The span to repeat in the listing below runs from the line containing "bucket_of-with_same Bucket.alert_ingested c" to the line containing "(counters s) h", inclusive. Repeat it exactly, and only it.
-.-.-
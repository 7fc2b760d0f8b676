-- ===== src/Metrics/Store/Buckets.antt =====
-- The seven counters of the store: which is read, and which is put back.
use tengen.Prelude.{
  ℕ, zero, suc, Bool, true, false, List, [], ◌∷◌, ◌≡◌, refl, sym, ap, ◌∙◌, inl, inr, if◌then◌else◌,
  arith, eqb, Bool-cases,
}
use tengen.Metrics.Store.{Counter, Bucket, MetricsStore, count, bucket_of, with_bucket}
use tengen.Metrics.Store.Keys.{Key}

abbrev pub rank : Bucket → ℕ
rank Bucket.route_counts = 0
rank Bucket.runbook_success = 1
rank Bucket.runbook_error = 2
rank Bucket.alert_ingested = 3
rank Bucket.dlq_counts = 4
rank Bucket.containment_executed = 5
rank Bucket.normalization_counts = 6

abbrev counters : MetricsStore → List Counter
counters s =
    s.route_counts ∷ s.runbook_success ∷ s.runbook_error ∷ s.alert_ingested ∷ s.dlq_counts
    ∷ s.containment_executed ∷ s.normalization_counts ∷ []

abbrev nth : ℕ → List Counter → Counter
nth n [] = []
nth zero (c ∷ cs) = c
nth (suc n) (c ∷ cs) = nth n cs

abbrev replace : ℕ → Counter → List Counter → List Counter
replace n d [] = []
replace zero d (c ∷ cs) = d ∷ cs
replace (suc n) d (c ∷ cs) = c ∷ replace n d cs

nth-replace :
    (i j : ℕ) (d : Counter) (cs : List Counter)
    → eqb i j ≡ false
    → nth j (replace i d cs) ≡ nth j cs
nth-replace i j d [] h = refl
nth-replace zero zero d (c ∷ cs) h = ground arith
nth-replace zero (suc j) d (c ∷ cs) h = refl
nth-replace (suc i) zero d (c ∷ cs) h = refl
nth-replace (suc i) (suc j) d (c ∷ cs) h = nth-replace i j d cs (ground arith)

bucket_of-nth : (b : Bucket) (s : MetricsStore) → bucket_of b s ≡ nth (rank b) (counters s)
bucket_of-nth Bucket.route_counts s = refl
bucket_of-nth Bucket.runbook_success s = refl
bucket_of-nth Bucket.runbook_error s = refl
bucket_of-nth Bucket.alert_ingested s = refl
bucket_of-nth Bucket.dlq_counts s = refl
bucket_of-nth Bucket.containment_executed s = refl
bucket_of-nth Bucket.normalization_counts s = refl

counters-with_bucket :
    (b : Bucket) (c : Counter) (s : MetricsStore)
    → counters (with_bucket b c s) ≡ replace (rank b) c (counters s)
counters-with_bucket Bucket.route_counts c s = refl
counters-with_bucket Bucket.runbook_success c s = refl
counters-with_bucket Bucket.runbook_error c s = refl
counters-with_bucket Bucket.alert_ingested c s = refl
counters-with_bucket Bucket.dlq_counts c s = refl
counters-with_bucket Bucket.containment_executed c s = refl
counters-with_bucket Bucket.normalization_counts c s = refl

pub bucket_of-with_same :
    (b : Bucket) (c : Counter) (s : MetricsStore) → bucket_of b (with_bucket b c s) ≡ c
bucket_of-with_same Bucket.route_counts c s = refl
bucket_of-with_same Bucket.runbook_success c s = refl
bucket_of-with_same Bucket.runbook_error c s = refl
bucket_of-with_same Bucket.alert_ingested c s = refl
bucket_of-with_same Bucket.dlq_counts c s = refl
bucket_of-with_same Bucket.containment_executed c s = refl
bucket_of-with_same Bucket.normalization_counts c s = refl

unfoldable pub same_bucket : Bucket → Bucket → Bool
same_bucket b b' = eqb (rank b) (rank b')

pub bucket_of-with_other :
    (b b' : Bucket) (c : Counter) (s : MetricsStore)
    → same_bucket b b' ≡ false
    → bucket_of b' (with_bucket b c s) ≡ bucket_of b' s
unfolding same_bucket
bucket_of-with_other b b' c s h =
    bucket_of-nth b' (with_bucket b c s)
    ∙ ap (nth (rank b')) (counters-with_bucket b c s)
    ∙ nth-replace (rank b) (rank b') c (counters s) h
    ∙ sym (bucket_of-nth b' s)

abbrev of_rank : ℕ → Bucket
of_rank n =
    if eqb n 0
    then Bucket.route_counts
    else if eqb n 1
    then Bucket.runbook_success
    else if eqb n 2
    then Bucket.runbook_error
    else if eqb n 3
    then Bucket.alert_ingested
    else if eqb n 4
    then Bucket.dlq_counts
    else if eqb n 5
    then Bucket.containment_executed
    else Bucket.normalization_counts

of_rank-rank : (b : Bucket) → of_rank (rank b) ≡ b
of_rank-rank Bucket.route_counts = refl
of_rank-rank Bucket.runbook_success = refl
of_rank-rank Bucket.runbook_error = refl
of_rank-rank Bucket.alert_ingested = refl
of_rank-rank Bucket.dlq_counts = refl
of_rank-rank Bucket.containment_executed = refl
of_rank-rank Bucket.normalization_counts = refl

pub rank-injective : (b b' : Bucket) → rank b ≡ rank b' → b ≡ b'
rank-injective b b' h = sym (of_rank-rank b) ∙ ap of_rank h ∙ of_rank-rank b'

pub same_bucket→eq : (b b' : Bucket) → same_bucket b b' ≡ true → b ≡ b'
unfolding same_bucket
same_bucket→eq b b' h = rank-injective b b' (ground arith)

pub same_bucket_self : (b : Bucket) → same_bucket b b ≡ true
unfolding same_bucket
same_bucket_self b = ground arith

-- A counter that is put into the store is read back, and the others are as they were.
pub count-with_bucket :
    (b b' : Bucket) (k : Key) (c : Counter) (s : MetricsStore)
    → count k (bucket_of b' (with_bucket b c s))
      ≡ (if same_bucket b b' then count k c else count k (bucket_of b' s))
count-with_bucket b b' k c s = elim (Bool-cases (same_bucket b b')) [
  | inl p ↦ rw p (
      ap (count k) (
        ap (λ x. bucket_of x (with_bucket b c s)) (sym (same_bucket→eq b b' p))
        ∙ bucket_of-with_same b c s))
  | inr p ↦ rw (p, bucket_of-with_other b b' c s p) refl
]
-.-.-
** Problem solution **
bucket_of-with_same Bucket.alert_ingested c s = refl
bucket_of-with_same Bucket.dlq_counts c s = refl
bucket_of-with_same Bucket.containment_executed c s = refl
bucket_of-with_same Bucket.normalization_counts c s = refl

unfoldable pub same_bucket : Bucket → Bucket → Bool
same_bucket b b' = eqb (rank b) (rank b')

pub bucket_of-with_other :
    (b b' : Bucket) (c : Counter) (s : MetricsStore)
    → same_bucket b b' ≡ false
    → bucket_of b' (with_bucket b c s) ≡ bucket_of b' s
unfolding same_bucket
bucket_of-with_other b b' c s h =
    bucket_of-nth b' (with_bucket b c s)
    ∙ ap (nth (rank b')) (counters-with_bucket b c s)
    ∙ nth-replace (rank b) (rank b') c (counters s) h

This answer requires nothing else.